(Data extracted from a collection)
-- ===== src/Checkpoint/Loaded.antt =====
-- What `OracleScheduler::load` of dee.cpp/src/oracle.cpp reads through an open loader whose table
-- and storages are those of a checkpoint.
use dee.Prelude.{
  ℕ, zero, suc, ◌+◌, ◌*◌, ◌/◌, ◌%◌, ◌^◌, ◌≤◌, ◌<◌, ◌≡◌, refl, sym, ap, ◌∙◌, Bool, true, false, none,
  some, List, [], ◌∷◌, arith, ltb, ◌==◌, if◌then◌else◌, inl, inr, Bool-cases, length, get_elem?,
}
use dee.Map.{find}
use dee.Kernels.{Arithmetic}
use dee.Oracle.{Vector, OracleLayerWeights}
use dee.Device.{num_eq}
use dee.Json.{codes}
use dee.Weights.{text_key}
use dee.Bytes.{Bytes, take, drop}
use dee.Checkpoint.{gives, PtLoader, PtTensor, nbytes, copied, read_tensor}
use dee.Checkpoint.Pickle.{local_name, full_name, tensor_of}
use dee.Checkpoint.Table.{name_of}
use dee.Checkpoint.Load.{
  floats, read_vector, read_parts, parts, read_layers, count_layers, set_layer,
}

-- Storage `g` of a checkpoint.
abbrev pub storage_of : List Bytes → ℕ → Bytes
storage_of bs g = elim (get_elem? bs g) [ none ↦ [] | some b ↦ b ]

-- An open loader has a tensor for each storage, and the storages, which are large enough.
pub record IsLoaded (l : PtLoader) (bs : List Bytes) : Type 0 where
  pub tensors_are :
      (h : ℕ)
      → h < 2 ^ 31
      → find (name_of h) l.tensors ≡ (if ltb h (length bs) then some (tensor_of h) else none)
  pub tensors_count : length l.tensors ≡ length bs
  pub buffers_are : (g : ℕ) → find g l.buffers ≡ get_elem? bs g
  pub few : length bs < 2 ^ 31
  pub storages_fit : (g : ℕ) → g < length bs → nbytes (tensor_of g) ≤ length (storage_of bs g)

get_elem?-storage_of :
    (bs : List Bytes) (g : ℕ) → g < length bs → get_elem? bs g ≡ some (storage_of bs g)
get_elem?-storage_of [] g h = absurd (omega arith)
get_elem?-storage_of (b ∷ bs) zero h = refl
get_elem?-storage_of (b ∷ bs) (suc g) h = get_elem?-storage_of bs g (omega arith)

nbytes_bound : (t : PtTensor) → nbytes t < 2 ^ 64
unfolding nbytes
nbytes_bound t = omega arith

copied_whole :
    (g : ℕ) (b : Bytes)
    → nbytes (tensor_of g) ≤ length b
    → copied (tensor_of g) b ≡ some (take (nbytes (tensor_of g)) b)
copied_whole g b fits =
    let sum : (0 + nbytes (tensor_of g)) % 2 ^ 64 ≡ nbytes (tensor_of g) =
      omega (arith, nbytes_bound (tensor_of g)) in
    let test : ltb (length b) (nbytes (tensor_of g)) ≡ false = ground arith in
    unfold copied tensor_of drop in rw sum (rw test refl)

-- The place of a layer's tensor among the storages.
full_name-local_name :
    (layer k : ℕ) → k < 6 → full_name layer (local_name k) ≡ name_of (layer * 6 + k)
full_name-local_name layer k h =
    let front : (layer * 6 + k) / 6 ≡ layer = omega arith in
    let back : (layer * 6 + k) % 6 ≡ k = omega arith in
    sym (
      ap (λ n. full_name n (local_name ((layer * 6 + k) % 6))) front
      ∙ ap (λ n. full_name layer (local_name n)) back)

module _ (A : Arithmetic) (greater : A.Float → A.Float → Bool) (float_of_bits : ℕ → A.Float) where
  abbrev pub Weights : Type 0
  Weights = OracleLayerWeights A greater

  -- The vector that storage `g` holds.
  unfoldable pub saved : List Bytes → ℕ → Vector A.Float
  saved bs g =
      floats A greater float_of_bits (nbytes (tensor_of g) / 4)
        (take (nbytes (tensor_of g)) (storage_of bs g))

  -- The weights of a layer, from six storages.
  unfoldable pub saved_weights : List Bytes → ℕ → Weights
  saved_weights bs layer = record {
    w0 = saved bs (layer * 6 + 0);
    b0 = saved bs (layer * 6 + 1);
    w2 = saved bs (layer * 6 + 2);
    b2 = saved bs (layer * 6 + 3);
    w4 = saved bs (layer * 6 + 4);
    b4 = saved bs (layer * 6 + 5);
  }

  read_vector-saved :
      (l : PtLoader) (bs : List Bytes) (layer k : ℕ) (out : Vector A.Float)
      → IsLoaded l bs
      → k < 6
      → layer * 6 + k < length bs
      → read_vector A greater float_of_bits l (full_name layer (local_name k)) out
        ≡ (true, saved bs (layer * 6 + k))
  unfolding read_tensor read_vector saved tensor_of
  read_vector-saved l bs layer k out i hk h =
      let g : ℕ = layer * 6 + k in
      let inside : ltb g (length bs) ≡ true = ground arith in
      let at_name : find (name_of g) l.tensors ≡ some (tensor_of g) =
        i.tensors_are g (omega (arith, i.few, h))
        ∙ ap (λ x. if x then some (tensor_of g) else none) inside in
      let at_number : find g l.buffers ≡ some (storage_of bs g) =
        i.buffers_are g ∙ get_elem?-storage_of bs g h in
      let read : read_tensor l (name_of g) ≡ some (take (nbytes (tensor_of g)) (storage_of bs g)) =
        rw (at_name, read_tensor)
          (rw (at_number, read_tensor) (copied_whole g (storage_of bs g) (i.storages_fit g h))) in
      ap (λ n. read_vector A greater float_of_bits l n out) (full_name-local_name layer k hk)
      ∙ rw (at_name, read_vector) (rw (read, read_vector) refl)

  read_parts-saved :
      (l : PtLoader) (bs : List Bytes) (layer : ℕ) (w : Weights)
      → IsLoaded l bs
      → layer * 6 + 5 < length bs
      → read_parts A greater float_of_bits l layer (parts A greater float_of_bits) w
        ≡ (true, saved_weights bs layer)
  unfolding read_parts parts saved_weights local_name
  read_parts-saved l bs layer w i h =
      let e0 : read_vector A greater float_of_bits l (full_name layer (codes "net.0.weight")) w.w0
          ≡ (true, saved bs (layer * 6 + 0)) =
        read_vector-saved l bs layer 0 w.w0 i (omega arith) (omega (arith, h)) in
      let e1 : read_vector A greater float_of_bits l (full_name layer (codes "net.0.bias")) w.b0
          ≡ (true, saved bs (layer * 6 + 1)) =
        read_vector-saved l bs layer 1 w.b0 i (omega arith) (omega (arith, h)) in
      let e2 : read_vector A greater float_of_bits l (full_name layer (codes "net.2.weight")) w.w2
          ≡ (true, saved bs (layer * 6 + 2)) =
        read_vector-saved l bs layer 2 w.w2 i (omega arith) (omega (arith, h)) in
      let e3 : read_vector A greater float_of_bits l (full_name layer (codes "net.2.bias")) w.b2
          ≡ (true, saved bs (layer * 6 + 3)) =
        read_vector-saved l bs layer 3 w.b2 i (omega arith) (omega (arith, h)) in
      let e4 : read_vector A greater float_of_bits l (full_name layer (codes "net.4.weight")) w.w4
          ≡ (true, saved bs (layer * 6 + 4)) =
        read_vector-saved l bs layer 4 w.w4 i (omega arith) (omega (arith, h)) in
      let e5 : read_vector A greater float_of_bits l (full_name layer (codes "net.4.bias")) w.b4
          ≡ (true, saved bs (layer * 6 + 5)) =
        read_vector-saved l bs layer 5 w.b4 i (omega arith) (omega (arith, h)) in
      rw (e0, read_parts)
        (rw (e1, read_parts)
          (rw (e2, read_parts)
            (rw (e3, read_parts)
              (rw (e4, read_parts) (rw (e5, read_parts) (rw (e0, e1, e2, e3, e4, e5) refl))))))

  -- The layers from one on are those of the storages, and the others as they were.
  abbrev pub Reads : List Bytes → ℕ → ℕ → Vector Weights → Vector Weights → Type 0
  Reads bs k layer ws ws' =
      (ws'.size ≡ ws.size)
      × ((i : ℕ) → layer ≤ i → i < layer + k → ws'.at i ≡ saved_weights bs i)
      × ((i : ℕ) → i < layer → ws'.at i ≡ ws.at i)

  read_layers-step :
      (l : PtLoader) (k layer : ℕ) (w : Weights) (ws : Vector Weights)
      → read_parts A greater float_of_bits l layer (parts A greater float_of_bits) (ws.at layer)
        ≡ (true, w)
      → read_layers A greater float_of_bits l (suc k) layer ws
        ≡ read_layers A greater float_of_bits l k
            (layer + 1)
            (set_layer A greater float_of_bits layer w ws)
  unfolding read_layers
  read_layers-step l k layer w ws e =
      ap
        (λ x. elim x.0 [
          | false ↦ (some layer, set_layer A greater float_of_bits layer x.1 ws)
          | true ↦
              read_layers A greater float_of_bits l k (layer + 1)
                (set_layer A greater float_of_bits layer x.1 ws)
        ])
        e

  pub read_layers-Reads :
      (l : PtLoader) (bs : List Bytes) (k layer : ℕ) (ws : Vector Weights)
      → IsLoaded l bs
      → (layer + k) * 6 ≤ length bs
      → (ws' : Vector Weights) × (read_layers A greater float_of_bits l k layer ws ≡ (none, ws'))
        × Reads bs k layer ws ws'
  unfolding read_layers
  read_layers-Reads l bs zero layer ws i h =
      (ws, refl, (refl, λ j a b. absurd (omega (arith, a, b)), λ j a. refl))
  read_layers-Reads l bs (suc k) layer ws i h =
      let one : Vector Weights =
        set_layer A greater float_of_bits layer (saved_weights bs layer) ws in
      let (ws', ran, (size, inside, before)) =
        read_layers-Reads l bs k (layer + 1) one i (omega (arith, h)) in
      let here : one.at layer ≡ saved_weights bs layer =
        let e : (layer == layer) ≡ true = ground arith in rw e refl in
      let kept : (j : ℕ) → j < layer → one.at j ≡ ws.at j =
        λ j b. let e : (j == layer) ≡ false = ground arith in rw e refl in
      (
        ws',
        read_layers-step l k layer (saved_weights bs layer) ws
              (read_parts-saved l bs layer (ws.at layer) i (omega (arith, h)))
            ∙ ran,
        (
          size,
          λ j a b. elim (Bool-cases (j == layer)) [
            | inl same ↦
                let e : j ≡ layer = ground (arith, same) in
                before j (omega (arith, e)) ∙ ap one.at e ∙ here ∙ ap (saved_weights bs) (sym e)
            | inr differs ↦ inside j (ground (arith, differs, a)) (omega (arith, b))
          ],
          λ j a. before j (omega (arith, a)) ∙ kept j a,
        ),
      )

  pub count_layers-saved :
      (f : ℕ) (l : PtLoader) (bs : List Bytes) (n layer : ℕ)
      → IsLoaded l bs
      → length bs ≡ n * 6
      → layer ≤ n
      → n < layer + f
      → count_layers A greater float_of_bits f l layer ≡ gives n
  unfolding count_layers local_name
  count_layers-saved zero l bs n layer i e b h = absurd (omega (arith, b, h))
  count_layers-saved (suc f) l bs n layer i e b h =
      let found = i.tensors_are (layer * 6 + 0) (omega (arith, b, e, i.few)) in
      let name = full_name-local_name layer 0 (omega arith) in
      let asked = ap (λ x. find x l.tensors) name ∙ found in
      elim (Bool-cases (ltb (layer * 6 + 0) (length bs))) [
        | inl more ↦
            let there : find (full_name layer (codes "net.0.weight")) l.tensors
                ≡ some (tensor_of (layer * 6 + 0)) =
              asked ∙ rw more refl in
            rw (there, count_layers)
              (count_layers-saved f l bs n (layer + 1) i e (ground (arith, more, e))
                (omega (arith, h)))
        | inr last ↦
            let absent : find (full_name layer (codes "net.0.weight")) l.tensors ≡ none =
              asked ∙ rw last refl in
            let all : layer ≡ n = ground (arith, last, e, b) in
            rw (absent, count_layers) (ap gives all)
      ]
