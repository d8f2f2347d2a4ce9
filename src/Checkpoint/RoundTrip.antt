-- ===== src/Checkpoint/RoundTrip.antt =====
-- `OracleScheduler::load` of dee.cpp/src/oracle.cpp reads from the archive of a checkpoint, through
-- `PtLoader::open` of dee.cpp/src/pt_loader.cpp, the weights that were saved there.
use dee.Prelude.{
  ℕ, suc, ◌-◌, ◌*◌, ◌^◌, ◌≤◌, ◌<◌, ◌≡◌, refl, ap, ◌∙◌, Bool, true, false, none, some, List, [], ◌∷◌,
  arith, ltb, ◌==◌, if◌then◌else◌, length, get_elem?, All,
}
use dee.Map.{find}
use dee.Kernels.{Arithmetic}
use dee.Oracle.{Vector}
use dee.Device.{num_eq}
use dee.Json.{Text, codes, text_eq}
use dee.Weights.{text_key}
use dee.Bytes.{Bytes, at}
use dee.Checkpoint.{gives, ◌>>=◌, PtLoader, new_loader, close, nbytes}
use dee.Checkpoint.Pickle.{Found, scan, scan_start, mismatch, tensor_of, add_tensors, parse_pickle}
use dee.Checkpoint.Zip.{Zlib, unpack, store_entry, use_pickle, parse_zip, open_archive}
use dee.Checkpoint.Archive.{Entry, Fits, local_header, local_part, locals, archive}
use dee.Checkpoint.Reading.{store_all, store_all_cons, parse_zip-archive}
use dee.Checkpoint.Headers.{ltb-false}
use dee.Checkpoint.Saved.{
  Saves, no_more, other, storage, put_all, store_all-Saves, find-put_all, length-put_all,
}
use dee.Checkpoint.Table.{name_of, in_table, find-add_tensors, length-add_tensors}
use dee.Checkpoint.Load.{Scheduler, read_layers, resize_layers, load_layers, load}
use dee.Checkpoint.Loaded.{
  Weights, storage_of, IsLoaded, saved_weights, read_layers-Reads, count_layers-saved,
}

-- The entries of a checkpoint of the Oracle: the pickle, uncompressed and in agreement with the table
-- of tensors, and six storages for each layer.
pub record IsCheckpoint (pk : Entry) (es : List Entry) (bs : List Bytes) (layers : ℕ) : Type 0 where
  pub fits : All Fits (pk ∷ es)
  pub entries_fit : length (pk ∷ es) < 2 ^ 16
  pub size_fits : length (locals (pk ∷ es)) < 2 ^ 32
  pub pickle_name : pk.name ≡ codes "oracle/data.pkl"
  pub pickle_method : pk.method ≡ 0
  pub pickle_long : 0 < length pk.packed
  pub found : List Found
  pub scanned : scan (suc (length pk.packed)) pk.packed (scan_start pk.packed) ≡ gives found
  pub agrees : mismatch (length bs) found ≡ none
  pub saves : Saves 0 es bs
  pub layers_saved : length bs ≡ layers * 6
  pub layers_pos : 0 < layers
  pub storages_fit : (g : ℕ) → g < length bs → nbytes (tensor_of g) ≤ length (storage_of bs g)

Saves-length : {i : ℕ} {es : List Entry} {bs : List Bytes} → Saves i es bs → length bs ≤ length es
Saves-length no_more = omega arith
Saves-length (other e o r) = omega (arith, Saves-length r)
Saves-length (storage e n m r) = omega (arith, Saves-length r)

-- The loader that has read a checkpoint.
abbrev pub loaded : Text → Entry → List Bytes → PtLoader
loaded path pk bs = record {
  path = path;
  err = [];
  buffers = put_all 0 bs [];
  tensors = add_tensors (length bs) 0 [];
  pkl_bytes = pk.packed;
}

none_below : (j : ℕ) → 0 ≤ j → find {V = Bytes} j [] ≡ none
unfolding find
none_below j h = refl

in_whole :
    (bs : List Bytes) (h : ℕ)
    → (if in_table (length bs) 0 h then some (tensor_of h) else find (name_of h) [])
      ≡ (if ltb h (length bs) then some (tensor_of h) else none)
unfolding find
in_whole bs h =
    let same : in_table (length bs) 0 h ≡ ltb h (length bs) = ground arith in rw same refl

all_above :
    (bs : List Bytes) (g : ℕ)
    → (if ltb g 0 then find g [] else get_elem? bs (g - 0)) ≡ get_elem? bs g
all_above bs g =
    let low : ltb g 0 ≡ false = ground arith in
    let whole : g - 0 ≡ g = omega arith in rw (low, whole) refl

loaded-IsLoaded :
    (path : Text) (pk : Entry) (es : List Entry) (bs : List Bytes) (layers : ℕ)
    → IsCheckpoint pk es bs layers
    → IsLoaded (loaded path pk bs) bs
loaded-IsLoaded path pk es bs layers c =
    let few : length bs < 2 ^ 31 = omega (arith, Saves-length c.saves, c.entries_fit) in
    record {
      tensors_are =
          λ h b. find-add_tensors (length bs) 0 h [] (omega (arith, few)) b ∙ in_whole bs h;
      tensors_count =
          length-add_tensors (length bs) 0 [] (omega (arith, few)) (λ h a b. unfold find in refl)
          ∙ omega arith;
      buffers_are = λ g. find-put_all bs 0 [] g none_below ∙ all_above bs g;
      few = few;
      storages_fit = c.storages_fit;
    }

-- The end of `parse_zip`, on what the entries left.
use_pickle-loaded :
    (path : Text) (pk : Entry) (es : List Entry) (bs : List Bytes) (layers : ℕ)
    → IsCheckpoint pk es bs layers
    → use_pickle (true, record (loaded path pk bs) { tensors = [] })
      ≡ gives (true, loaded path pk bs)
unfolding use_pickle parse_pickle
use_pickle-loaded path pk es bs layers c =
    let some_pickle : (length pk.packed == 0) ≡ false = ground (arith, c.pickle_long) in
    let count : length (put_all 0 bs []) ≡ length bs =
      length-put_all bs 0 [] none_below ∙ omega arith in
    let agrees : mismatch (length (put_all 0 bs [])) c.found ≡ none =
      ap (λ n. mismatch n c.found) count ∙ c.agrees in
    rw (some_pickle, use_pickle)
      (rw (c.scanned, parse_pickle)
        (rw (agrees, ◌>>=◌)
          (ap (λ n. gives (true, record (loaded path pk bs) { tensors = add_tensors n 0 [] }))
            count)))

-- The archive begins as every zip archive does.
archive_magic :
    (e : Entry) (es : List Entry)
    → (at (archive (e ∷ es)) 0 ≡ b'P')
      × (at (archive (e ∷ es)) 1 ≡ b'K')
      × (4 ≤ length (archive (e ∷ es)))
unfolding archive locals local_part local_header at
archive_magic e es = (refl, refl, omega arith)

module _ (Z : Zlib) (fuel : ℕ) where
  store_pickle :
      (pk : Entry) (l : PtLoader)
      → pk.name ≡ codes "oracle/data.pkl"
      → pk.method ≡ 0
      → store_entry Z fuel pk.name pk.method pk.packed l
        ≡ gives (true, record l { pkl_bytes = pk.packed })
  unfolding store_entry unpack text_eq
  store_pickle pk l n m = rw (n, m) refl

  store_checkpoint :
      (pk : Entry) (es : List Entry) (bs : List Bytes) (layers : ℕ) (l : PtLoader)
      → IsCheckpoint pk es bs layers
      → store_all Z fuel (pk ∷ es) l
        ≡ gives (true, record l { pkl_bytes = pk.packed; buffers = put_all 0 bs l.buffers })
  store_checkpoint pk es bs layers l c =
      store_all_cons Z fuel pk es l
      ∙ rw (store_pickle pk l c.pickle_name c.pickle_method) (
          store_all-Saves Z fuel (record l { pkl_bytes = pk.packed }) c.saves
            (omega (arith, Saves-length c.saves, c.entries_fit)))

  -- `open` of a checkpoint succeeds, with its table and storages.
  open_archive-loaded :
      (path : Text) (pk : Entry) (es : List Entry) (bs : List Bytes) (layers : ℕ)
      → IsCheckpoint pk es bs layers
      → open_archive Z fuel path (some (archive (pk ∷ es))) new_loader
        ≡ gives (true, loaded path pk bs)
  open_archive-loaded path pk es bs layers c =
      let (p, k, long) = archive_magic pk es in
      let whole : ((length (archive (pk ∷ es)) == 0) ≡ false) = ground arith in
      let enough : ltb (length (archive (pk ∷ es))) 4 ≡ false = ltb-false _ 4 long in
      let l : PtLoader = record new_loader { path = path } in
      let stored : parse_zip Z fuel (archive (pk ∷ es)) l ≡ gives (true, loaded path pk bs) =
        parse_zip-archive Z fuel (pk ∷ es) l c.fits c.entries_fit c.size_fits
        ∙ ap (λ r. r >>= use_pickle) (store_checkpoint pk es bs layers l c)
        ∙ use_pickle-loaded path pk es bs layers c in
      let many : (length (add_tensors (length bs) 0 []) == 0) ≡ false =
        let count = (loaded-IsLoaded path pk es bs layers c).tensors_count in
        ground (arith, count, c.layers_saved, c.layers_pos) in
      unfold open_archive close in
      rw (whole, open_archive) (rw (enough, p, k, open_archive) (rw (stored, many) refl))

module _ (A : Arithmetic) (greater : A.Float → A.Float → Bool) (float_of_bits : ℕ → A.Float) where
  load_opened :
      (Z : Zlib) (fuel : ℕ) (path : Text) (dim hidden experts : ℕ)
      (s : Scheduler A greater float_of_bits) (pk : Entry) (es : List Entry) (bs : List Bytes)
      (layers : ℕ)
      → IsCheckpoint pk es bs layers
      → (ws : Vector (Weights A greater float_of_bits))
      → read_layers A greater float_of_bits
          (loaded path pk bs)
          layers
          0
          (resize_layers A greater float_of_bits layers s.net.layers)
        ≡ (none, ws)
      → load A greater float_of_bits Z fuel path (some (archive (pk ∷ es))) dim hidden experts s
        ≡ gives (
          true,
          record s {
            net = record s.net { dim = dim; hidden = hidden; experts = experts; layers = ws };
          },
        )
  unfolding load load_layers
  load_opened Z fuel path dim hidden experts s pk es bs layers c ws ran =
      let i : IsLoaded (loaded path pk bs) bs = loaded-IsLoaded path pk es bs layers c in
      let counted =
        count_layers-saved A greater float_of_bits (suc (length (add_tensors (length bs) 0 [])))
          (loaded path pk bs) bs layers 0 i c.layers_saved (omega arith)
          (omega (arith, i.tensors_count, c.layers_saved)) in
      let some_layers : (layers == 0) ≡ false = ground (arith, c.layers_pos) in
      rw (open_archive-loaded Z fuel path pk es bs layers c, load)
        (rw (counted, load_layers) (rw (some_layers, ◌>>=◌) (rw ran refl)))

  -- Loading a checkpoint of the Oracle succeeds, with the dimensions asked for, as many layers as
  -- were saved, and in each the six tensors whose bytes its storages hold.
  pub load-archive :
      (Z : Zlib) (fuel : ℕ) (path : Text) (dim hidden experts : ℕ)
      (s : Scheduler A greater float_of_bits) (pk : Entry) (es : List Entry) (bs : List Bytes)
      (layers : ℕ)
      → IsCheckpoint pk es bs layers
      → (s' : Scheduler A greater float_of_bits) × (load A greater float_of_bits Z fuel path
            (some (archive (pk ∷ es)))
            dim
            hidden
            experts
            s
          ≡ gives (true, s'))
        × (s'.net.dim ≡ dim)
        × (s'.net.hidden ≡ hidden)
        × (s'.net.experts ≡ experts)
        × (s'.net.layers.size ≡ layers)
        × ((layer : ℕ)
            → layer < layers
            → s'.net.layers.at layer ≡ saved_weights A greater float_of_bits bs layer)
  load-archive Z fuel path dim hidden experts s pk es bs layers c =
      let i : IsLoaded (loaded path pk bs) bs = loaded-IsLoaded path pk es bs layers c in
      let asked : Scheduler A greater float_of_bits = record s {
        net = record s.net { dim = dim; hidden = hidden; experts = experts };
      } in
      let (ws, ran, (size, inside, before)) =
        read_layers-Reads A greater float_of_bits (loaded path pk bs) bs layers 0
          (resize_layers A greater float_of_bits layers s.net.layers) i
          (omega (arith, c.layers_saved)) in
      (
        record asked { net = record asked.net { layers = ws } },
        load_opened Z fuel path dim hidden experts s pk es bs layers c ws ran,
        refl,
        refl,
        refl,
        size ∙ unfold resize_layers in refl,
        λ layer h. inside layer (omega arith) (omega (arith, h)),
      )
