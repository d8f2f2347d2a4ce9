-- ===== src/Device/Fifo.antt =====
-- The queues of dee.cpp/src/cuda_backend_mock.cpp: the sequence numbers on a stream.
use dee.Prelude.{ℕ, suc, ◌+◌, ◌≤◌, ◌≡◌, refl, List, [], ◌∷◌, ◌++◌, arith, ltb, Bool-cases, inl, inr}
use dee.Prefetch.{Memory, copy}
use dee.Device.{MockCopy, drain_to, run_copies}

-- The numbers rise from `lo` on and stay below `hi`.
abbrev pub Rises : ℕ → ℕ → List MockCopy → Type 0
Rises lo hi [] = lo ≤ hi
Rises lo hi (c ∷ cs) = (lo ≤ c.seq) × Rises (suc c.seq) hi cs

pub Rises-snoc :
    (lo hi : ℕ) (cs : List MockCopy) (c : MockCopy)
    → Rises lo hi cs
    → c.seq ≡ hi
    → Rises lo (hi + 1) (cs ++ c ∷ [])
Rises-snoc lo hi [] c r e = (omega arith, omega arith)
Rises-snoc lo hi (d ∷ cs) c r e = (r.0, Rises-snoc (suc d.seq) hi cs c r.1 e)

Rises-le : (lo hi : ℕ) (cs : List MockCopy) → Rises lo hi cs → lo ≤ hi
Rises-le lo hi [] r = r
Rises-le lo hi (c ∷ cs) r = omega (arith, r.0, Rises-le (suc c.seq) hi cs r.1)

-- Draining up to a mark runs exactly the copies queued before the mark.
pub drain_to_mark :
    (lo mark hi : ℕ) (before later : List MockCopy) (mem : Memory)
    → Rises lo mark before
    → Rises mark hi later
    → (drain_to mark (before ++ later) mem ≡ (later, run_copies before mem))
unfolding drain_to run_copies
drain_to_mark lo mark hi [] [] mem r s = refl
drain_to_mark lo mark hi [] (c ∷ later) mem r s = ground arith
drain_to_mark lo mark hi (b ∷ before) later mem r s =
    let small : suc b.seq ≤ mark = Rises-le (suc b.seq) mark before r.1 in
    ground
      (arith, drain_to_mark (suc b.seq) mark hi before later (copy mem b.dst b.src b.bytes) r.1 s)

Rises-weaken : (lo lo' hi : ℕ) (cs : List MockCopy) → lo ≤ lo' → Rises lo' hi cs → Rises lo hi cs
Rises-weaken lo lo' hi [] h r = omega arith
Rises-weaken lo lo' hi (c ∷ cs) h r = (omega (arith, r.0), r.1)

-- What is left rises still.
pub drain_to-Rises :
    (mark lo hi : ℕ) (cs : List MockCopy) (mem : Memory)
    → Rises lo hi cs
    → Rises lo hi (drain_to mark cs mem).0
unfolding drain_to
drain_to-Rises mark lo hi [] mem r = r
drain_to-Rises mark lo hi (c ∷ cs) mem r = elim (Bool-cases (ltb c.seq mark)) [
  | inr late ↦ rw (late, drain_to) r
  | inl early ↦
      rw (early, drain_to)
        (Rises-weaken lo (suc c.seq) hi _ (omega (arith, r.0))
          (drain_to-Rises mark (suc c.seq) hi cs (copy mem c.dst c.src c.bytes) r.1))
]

● **Task brief**
A count is needed of the lines above that hold the word "Saves"; give that count and no other text.

● **Written answer**
9